▶ [Assignment]: State the count of lines below in which the word "bytes" appears, and add nothing.

▶ [Raw data]:
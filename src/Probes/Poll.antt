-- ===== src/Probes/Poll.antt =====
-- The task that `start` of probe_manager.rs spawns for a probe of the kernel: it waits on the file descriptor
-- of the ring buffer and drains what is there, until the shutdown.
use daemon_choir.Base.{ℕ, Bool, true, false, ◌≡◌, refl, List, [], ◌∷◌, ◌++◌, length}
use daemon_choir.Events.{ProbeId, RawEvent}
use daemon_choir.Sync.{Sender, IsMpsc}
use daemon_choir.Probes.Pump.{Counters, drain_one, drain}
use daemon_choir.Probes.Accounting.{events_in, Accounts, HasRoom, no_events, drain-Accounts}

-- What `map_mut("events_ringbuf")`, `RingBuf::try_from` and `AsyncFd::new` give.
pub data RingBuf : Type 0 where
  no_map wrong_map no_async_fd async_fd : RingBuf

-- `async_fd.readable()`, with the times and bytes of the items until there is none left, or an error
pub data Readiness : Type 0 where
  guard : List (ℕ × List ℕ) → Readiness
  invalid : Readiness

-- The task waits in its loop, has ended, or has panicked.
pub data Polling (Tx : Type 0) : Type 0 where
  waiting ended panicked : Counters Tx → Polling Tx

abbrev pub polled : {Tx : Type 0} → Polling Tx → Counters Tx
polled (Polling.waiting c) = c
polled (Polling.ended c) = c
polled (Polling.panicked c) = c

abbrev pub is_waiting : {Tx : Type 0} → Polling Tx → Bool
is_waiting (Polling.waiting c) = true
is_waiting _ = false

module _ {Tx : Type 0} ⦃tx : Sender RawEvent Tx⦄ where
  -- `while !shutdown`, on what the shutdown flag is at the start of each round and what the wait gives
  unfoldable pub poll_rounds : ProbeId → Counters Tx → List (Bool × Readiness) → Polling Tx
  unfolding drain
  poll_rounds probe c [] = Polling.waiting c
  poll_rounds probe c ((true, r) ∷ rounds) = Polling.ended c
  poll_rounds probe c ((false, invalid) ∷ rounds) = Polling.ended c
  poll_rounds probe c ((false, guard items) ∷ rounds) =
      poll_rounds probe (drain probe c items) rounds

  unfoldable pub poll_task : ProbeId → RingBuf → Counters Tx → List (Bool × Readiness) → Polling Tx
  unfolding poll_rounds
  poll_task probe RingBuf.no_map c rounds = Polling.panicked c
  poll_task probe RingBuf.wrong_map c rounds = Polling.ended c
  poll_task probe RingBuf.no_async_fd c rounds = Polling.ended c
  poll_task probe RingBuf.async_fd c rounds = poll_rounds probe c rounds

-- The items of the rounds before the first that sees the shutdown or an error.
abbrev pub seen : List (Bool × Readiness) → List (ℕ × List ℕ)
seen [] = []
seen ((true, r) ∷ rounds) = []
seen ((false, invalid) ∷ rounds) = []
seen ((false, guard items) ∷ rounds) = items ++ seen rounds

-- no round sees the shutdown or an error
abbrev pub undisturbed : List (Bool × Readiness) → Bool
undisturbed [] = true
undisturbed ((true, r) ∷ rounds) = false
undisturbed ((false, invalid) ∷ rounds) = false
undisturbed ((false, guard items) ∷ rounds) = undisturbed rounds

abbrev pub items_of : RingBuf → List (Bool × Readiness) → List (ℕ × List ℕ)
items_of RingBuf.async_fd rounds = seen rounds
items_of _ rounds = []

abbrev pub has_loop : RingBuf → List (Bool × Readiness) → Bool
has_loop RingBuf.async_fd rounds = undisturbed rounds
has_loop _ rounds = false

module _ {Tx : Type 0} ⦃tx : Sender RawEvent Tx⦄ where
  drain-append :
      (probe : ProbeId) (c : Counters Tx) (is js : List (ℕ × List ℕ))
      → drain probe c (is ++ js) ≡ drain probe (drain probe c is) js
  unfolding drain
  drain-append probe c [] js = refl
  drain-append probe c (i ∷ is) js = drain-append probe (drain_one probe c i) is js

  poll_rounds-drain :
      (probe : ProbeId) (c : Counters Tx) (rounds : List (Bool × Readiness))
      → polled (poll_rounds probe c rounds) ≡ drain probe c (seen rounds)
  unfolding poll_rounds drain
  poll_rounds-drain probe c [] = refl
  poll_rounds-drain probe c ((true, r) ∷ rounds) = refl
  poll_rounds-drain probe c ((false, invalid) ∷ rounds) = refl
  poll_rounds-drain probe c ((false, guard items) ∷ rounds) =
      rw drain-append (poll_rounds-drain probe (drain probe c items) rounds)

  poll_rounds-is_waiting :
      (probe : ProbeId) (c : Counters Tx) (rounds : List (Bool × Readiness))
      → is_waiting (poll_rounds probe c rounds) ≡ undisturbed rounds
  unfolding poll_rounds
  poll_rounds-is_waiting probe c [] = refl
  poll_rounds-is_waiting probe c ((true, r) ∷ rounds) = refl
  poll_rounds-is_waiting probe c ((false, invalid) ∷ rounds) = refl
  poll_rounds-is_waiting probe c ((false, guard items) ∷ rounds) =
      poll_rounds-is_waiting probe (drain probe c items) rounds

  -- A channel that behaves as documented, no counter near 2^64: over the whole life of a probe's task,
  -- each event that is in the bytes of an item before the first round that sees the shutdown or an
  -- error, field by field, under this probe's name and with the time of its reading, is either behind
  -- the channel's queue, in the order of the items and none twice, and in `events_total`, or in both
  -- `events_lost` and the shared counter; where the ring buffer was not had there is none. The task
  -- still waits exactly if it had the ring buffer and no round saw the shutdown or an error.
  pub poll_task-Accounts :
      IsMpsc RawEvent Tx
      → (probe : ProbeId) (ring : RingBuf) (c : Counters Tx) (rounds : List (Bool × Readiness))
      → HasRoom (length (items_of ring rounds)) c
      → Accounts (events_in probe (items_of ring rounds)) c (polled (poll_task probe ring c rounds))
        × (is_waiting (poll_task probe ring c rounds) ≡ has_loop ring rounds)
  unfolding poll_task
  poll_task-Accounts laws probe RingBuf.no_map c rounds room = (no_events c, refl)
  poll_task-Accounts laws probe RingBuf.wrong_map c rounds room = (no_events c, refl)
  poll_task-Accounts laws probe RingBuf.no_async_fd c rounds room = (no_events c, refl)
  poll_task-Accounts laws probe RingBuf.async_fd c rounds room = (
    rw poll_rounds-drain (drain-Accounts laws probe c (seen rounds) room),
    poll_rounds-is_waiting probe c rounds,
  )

▶ [Response box]: 2